If mistress Allar offered the gutter runners shelter, they wouldn't soon forget it. It was a win-win arrangement; to have her personal company of gutter runners all around the town would only have helped Dakenya Allar's reports to the Eyes and Ears, and she could always trust them to keep what she asked of them to themselves. Regular food and shelter and warm smiles were strong promoters of loyalty. Yamela could see that loyalty in Lovis' sudden solemnity. She went on: "Vaston Morrent told me that mistress Allar asked his brother and him to come with her to one of the warehouses to help her carry boxes. Only mistress Allar and Durrak Morrent were caught by the watch, and Vaston Morrent barely escaped. He'd seen one of Yemerry's boys with the watch, though, so he went to Yemerry, but Yemerry was on the captain's side. We're trying to get Durrak Morrent and the mistress Allar back."

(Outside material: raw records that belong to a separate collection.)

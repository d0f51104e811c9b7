-- ===== src/Sessions/ReadTests.antt =====
-- Pages and artifacts on concrete tables.
use globuy.Prelude.{ℕ, ◌≡◌, ◌≢◌, refl, true, false, none, some, [], ◌∷◌, ◌%◌, arith}
use globuy.Sessions.Schema.{Db, Thread, archived, new_thread, active, starting, iso}
use globuy.Sessions.Action.{ok, run}
use globuy.Sessions.Rows.{run_row}
use globuy.Sessions.Runs.{get_run}
use globuy.Sessions.Pages.{is_behind, precedes, archive_time, same_millisecond_is_skipped}
use globuy.Sessions.Artifacts.{Artifact, FilePath, register_artifact}

abbrev shelved : ℕ → ℕ → Thread
shelved t at = record {
  thread_id = t;
  user_id = 1;
  title = [];
  status = archived;
  active_slot = none;
  created_at = 0;
  updated_at = at;
  archived_at = some at;
  archive_reason = some new_thread;
  last_run_id = none;
}

inside : 5300 % 1000 ≢ 0
inside h = omega (arith, h)

same_ms : iso 5500 ≡ iso 5300
unfolding iso
same_ms = refl

same_millisecond_is_skipped_example :
    (precedes archive_time (shelved 2 5500) (shelved 1 5300) ≡ true)
    × (is_behind (iso 5500) 2 (shelved 1 5300) ≡ false)
same_millisecond_is_skipped_example =
    same_millisecond_is_skipped (shelved 2 5500) (shelved 1 5300) 5500 5300 refl refl (omega arith)
      same_ms inside

-- A thread with one run.
abbrev tables : Db
tables = record {
  users = 1 ∷ [];
  threads = record (shelved 1 0) { status = active; archived_at = none } ∷ [];
  runs =
      record {
        run_id = 7;
        thread_id = 1;
        status = starting;
        query = [];
        attempt = 1;
        created_at = 0;
        started_at = none;
        finished_at = none;
        error_code = none;
        error_message = none;
      }
      ∷ [];
  results = [];
  messages = [];
  consolidations = [];
  keys = [];
}

abbrev path : FilePath
path = record { is_absolute = false; has_parent_part = false; text = 97 ∷ [] }

abbrev file : Artifact
file = record {
  file_id = 3;
  thread_id = 1;
  run_id = 7;
  filename = [];
  kind = [];
  media_type = [];
  size = 9;
  relative_path = 97 ∷ [];
  created_at = 8;
}

registers : register_artifact 1 7 [] [] [] 9 path 3 8 tables [] ≡ (ok file, file ∷ [])
unfolding register_artifact get_run run_row run
registers = refl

"What's your interest in them?"

"The mistress Allar is an old friend of the Tower, and the Tower helps old friends." As long as they might still be useful to the Tower, but Yamela didn't say that aloud. "Vaston Morrent just wants his brother. I want what mistress Allar showed the Morrents. If it's what I think it is, I'm going to use it to dig a big metaphorical pit beneath the captain Parrim and shove him into it. Which is why I need you to pick up this package for me, and to deliver my message to Yemerry."

"Is there a pit for Yemerry too?"

"Do you want there to be one?"

Lovis chewed on that for a moment, and then shrugged. "If he's ratted mistress Allar, lots of people are going to be angry with him. Might be he's already dug himself his own pit."

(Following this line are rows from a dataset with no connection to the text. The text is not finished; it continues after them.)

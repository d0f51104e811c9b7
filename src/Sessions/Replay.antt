-- ===== src/Sessions/Replay.antt =====
-- A request that is repeated under its idempotency key gets the first response again.
use globuy.Prelude.{ℕ, ◌≡◌, Bool, true, Option, some, arith}
use globuy.Sessions.Schema.{Db, from_iso, Text, Response, Operation, create_thread}
use globuy.Sessions.Action.{Action, Result, ok, err, run, settle, continue, ◌>>=◌}
use globuy.Sessions.Rows.{
  user_exists, stored_response, insert_key, insert_run, insert_message, insert_thread, active_row,
}
use globuy.Sessions.Threads.{
  replace_thread, check_current, request_thread, replace_active, open_thread, retire,
}
use globuy.Sessions.Runs.{create_run, request_run, admit_run, write_run}

-- Under the key of a call, the tables hold the response.
abbrev Recalls : ℕ → ℕ → Operation → Response → Db → Type 0
Recalls u request op r db = (user_exists u db ≡ true) × (stored_response u request op db ≡ some r)

-- What an action that returns a response leaves behind.
abbrev Leaves : (Response → Db → Type 0) → Result Response × Db → Type 0
Leaves Q (ok r, db) = Q r db
Leaves Q (err e, db) = Unit {0}

create_run_stored :
    (is_space : ℕ → Bool) (u t r : ℕ) (query : Text) (request message_id created : ℕ)
    (response got : Response) (db : Db)
    → Recalls u request Operation.create_run got db
    → create_run is_space u t r query request message_id created response db ≡ (ok got, db)
unfolding create_run run
create_run_stored is_space u t r query request message_id created response got db h = ground arith

write_run-Recalls :
    (is_space : ℕ → Bool) (u t r : ℕ) (query : Text) (request message_id now : ℕ)
    (response : Response) (db : Db)
    → Leaves
        (Recalls u request Operation.create_run)
        (write_run is_space u t r query request message_id now response db)
unfolding write_run run insert_run insert_message insert_key stored_response user_exists
write_run-Recalls is_space u t r query request message_id now response db = ground arith

settle-Leaves :
    (Q : Response → Db → Type 0) (db : Db) (r : Result Response × Db)
    → Leaves Q r
    → Leaves Q (settle db r)
settle-Leaves Q db (ok r, after) h = h
settle-Leaves Q db (err e, after) h = tt

leaves-eq :
    (Q : Response → Db → Type 0) (r : Result Response × Db) (got : Response) (db : Db)
    → Leaves Q r
    → r ≡ (ok got, db)
    → Q got db
leaves-eq Q r got db h e = let k : Leaves Q (ok got, db) = rw e at h in k

create_run-Recalls :
    (is_space : ℕ → Bool) (u t r : ℕ) (query : Text) (request message_id created : ℕ)
    (response : Response) (db : Db)
    → Leaves
        (Recalls u request Operation.create_run)
        (create_run is_space u t r query request message_id created response db)
unfolding create_run admit_run run
create_run-Recalls is_space u t r query request message_id created response db =
    settle-Leaves (Recalls u request Operation.create_run) db
      (request_run is_space u t r query request message_id created response db)
      (ground (
        arith,
        write_run-Recalls is_space u t r query request message_id (from_iso created) response db,
      ))

-- When a call of create_run has returned, every later call under the same key, whatever its other
-- arguments, returns the same response and changes nothing.
pub create_run_replay :
    (is_space : ℕ → Bool) (u request : ℕ) (t r : ℕ) (query : Text) (message_id created : ℕ)
    (response : Response) (db : Db) {got : Response} {after : Db}
    → create_run is_space u t r query request message_id created response db ≡ (ok got, after)
    → (t' r' : ℕ) (query' : Text) (message_id' created' : ℕ) (response' : Response)
    → create_run is_space u t' r' query' request message_id' created' response' after
      ≡ (ok got, after)
create_run_replay is_space u request t r query message_id created response db {got} {after} e t' r'
      query' message_id' created' response' =
    create_run_stored is_space u t' r' query' request message_id' created' response' got after (
      leaves-eq _ _ got after
        (create_run-Recalls is_space u t r query request message_id created response db) e)

open_thread-Recalls :
    (u request t now : ℕ) (old : Option ℕ × Option ℕ) (db : Db)
    → Leaves (Recalls u request create_thread) (open_thread u request t now old db)
unfolding open_thread run insert_thread insert_key stored_response user_exists
open_thread-Recalls u request t now (old_thread, old_run) db = ground arith

-- Of a bind, what every continuation leaves.
continue-Leaves :
    {A : Type 0} (Q : Response → Db → Type 0) (k : A → Action Response) (r : Result A × Db)
    → ((a : A) (db : Db) → Leaves Q (k a db))
    → Leaves Q (continue k r)
continue-Leaves Q k (ok a, db) h = h a db
continue-Leaves Q k (err e, db) h = tt

replace_active-Recalls :
    (u : ℕ) (current : Option ℕ) (request t now : ℕ) (db : Db)
    → Leaves (Recalls u request create_thread) (replace_active u current request t now db)
unfolding replace_active run
replace_active-Recalls u current request t now db =
    let Q : Response → Db → Type 0 = Recalls u request create_thread in
    let opens : Option ℕ × Option ℕ → Action Response = open_thread u request t now in
    continue-Leaves Q (λ _. retire (active_row u db) now >>= opens)
      (check_current (active_row u db) current db)
      (λ _ between.
        continue-Leaves Q opens (retire (active_row u db) now between)
          (λ old after. open_thread-Recalls u request t now old after))

replace_thread-Recalls :
    (u : ℕ) (current : Option ℕ) (request t now : ℕ) (db : Db)
    → Leaves (Recalls u request create_thread) (replace_thread u current request t now db)
unfolding replace_thread run
replace_thread-Recalls u current request t now db =
    settle-Leaves (Recalls u request create_thread) db (request_thread u current request t now db)
      (ground (arith, replace_active-Recalls u current request t now db))

replace_thread_stored :
    (u : ℕ) (current : Option ℕ) (request t now : ℕ) (got : Response) (db : Db)
    → Recalls u request create_thread got db
    → replace_thread u current request t now db ≡ (ok got, db)
unfolding replace_thread run
replace_thread_stored u current request t now got db h = ground arith

-- The same for replace_thread: a repeated request opens no second thread and archives none.
pub replace_thread_replay :
    (u request : ℕ) (current : Option ℕ) (t now : ℕ) (db : Db) {got : Response} {after : Db}
    → replace_thread u current request t now db ≡ (ok got, after)
    → (current' : Option ℕ) (t' now' : ℕ)
    → replace_thread u current' request t' now' after ≡ (ok got, after)
replace_thread_replay u request current t now db {got} {after} e current' t' now' =
    replace_thread_stored u current' request t' now' got after (
      leaves-eq (Recalls u request create_thread) _ got after
        (replace_thread-Recalls u current request t now db) e)
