-- ===== src/Sessions/Revival.antt =====
-- set_run_status on a run that has ended, as RunRegistry.cancel_run makes it when the run ends
-- between its look at the status and its update (app/api/run_registry.py).
use globuy.Prelude.{
  ℕ, ◌≡◌, refl, true, none, some, any, count_if, ◌∙◌, arith, find_first-some, find_first-update,
  count_if_mono,
}
use globuy.Sessions.Schema.{Db, Run, cancelling, is_terminal}
use globuy.Sessions.Action.{ok, err, integrity_error, settle, run}
use globuy.Sessions.Rows.{is_run, update_runs, run_row, insert_result}
use globuy.Sessions.Runs.{set_run_status, finish_run, write_outcome, StoreConfig, Outcome, mark}
use globuy.Sessions.Sound.{IsSound, has_run_id, is_result_of}
use globuy.Sessions.Finish.{finish_run_open}

write_outcome_twice :
    (cfg : StoreConfig) (t r : ℕ) (o : Outcome) (now : ℕ) (db : Db)
    → any (is_result_of r) db.results ≡ true
    → settle db (write_outcome cfg t r o now db) ≡ (err integrity_error, db)
unfolding write_outcome run insert_result
write_outcome_twice cfg t r o now db has = ground arith

set_once :
    (t r : ℕ) (now : ℕ) (db : Db)
    → count_if (is_run t r) db.runs ≡ 1
    → set_run_status t r cancelling none none now db
      ≡ (ok tt, update_runs (is_run t r) (mark cancelling none none now) db)
unfolding set_run_status run
set_once t r now db once = ground arith

-- In sound tables, a run that has ended with a result is set back to cancelling without an error, and a
-- finish_run of it then raises, whatever its outcome, and leaves it cancelling.
pub revived_run_is_stuck :
    (cfg : StoreConfig) (t r : ℕ) (x : Run) (now : ℕ) (db : Db)
    → IsSound db
    → run_row t r db ≡ some x
    → is_terminal x.status ≡ true
    → any (is_result_of r) db.results ≡ true
    → (o : Outcome) (now' : ℕ)
    → let (got, mid) = set_run_status t r cancelling none none now db in
      (got ≡ ok tt)
      × (run_row t r mid ≡ some (record x { status = cancelling }))
      × (finish_run cfg t r o now' mid ≡ (err integrity_error, mid))
revived_run_is_stuck cfg t r x now db s found over has o now' =
    let mid : Db = update_runs (is_run t r) (mark cancelling none none now) db in
    let once : count_if (is_run t r) db.runs ≡ 1 = omega (
      arith,
      s.run_key r,
      count_if_mono (is_run t r) (has_run_id r) db.runs (λ y h. ground arith),
      find_first-some (is_run t r) db.runs x (unfold run_row in found),
    ) in
    let row : run_row t r mid ≡ some (mark cancelling none none now x) =
      unfold run_row in
      find_first-update (is_run t r) (mark cancelling none none now) db.runs x (λ y h. h) found in
    rw (set_once t r now db once) (
      refl,
      row ∙ unfold is_terminal in refl,
      finish_run_open cfg t r (mark cancelling none none now x) o now' mid row
            (unfold is_terminal in refl)
          ∙ write_outcome_twice cfg t r o now' mid has,
    )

"I don't want you in on these things, Lovis –" began Kovallis in a rumble, but Lovis twisted free.

"I'm already in on it, ma'am," she snapped. "I'll be out of it soon enough." She disappeared back into the shop.

"Lovis!"

Yamela touched mistress Kovallis' arm gently. "This time, let her go," she said. "This time, it's about someone who has fed her. Next time, it'll just be money and mischief again. Then you can keep her home."

Mistress Kovallis's face had set in hard lines. "I'm trying to teach her a better way."

"Yes. And she'll come around. I did. But it took a few years."

"Milady," said the mistress quietly, "if you ask me, you haven't come around yet. You look like you have, dressed up all nice like that, but you haven't yet." Again she closed the door in Yamela's face.

"You deserved that," muttered Anthared from beside her.

"I suppose I did. Let's go find this warehouse Vaston spoke of."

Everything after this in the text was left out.